Task goal:
Scan the entries that follow and copy out every line containing "true".
[Start of Attachment]
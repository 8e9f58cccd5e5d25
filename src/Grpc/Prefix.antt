-- ===== src/Grpc/Prefix.antt =====
-- What rpc/grpcx/interceptor/jwt.go takes of a metadata value behind the scheme.
use woocoo.Base.{
  ℕ, ◌+◌, ◌<◌, ◌≡◌, ◌≢◌, ◌⊎◌, ◌∙◌, refl, sym, ap, inl, inr, true, [], ◌∷◌, ◌++◌, some, length, take,
  drop, take-append, drop-append, take_drop, length-append, length-take, arith,
}
use woocoo.Web.{Text}
use woocoo.Web.Extractor.{equal_fold}
use woocoo.Grpc.Interceptor.{strip_by, strip}

-- A value is the prefix, in any case of its letters, and then the text, which is not empty; without a
-- prefix it is the text.
abbrev pub Carries : (prefix v a : Text) → Type 0
Carries prefix v a =
    ((prefix ≡ []) × (a ≡ v))
    ⊎ ((prefix ≢ [])
        × (a ≢ [])
        × ((front : Text) × (v ≡ front ++ a)
            × (length front ≡ length prefix)
            × (equal_fold front prefix ≡ true)))

strip_by-cut :
    (len : ℕ) (prefix v a : Text)
    → len ≢ 0
    → strip_by len prefix v ≡ some a
    → (len < length v) × (equal_fold (take len v) prefix ≡ true) × (drop len v ≡ a)
strip_by-cut len prefix v a ne h = ground arith

strip_by-has :
    (len : ℕ) (prefix v : Text)
    → len ≢ 0
    → len < length v
    → equal_fold (take len v) prefix ≡ true
    → strip_by len prefix v ≡ some (drop len v)
strip_by-has len prefix v ne lt h = ground arith

full_length : (xs : Text) → xs ≢ [] → length xs ≢ 0
full_length [] h = absurd (h refl)
full_length (x ∷ xs) h = λ e. omega arith

drop-nonempty : (n : ℕ) (xs : Text) → n < length xs → drop n xs ≢ []
drop-nonempty n xs lt e =
    let whole = take_drop n xs in
    let long : length (take n xs) + length (drop n xs) ≡ length xs =
      sym (length-append (take n xs) (drop n xs)) ∙ ap length whole in
    let same = length-take n xs (omega arith) in
    let none_left = ap length e in omega (arith, long, same, none_left)

pub strip-Carries : (prefix v a : Text) → strip prefix v ≡ some a → Carries prefix v a
strip-Carries [] v a h = inl (refl, cc)
strip-Carries (c ∷ prefix) v a h =
    let (lt, same, rest) =
      strip_by-cut (length (c ∷ prefix)) (c ∷ prefix) v a (full_length (c ∷ prefix) (λ e. cc)) h in
    inr (
      λ e. cc,
      λ e. drop-nonempty (length (c ∷ prefix)) v lt (rest ∙ e),
      (
        take (length (c ∷ prefix)) v,
        sym (take_drop (length (c ∷ prefix)) v) ∙ ap (λ s. take (length (c ∷ prefix)) v ++ s) rest,
        length-take (length (c ∷ prefix)) v (omega arith),
        same,
      ),
    )

strip_by-front :
    (front prefix a : Text)
    → front ≢ []
    → a ≢ []
    → equal_fold front prefix ≡ true
    → strip_by (length front) prefix (front ++ a) ≡ some a
strip_by-front front prefix a ne full same =
    let sum = length-append front a in
    let some_left = full_length a full in
    let has =
      strip_by-has (length front) prefix (front ++ a) (full_length front ne)
        (omega (arith, sum, some_left))
        (ap (λ s. equal_fold s prefix) (take-append front a) ∙ same) in
    has ∙ ap some (drop-append front a)

pub Carries-strip : (prefix v a : Text) → Carries prefix v a → strip prefix v ≡ some a
Carries-strip [] v a (inl (p, e)) = ap some (sym e)
Carries-strip [] v a (inr (ne, full, more)) = absurd (ne refl)
Carries-strip (c ∷ prefix) v a (inl (p, e)) = absurd cc
Carries-strip (c ∷ prefix) v a (inr (ne, full, (front, e, len, same))) =
    ap (λ s. strip (c ∷ prefix) s) e
    ∙ ap (λ n. strip_by n (c ∷ prefix) (front ++ a)) (sym len)
    ∙ strip_by-front front (c ∷ prefix) a
        (λ none_there. full_length (c ∷ prefix) (λ q. cc) (sym len ∙ ap length none_there)) full
        same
[End of Attachment]
Final answer:
  ℕ, ◌+◌, ◌<◌, ◌≡◌, ◌≢◌, ◌⊎◌, ◌∙◌, refl, sym, ap, inl, inr, true, [], ◌∷◌, ◌++◌, some, length, take,
            × (equal_fold front prefix ≡ true)))
    → (len < length v) × (equal_fold (take len v) prefix ≡ true) × (drop len v ≡ a)
    → equal_fold (take len v) prefix ≡ true
    → equal_fold front prefix ≡ true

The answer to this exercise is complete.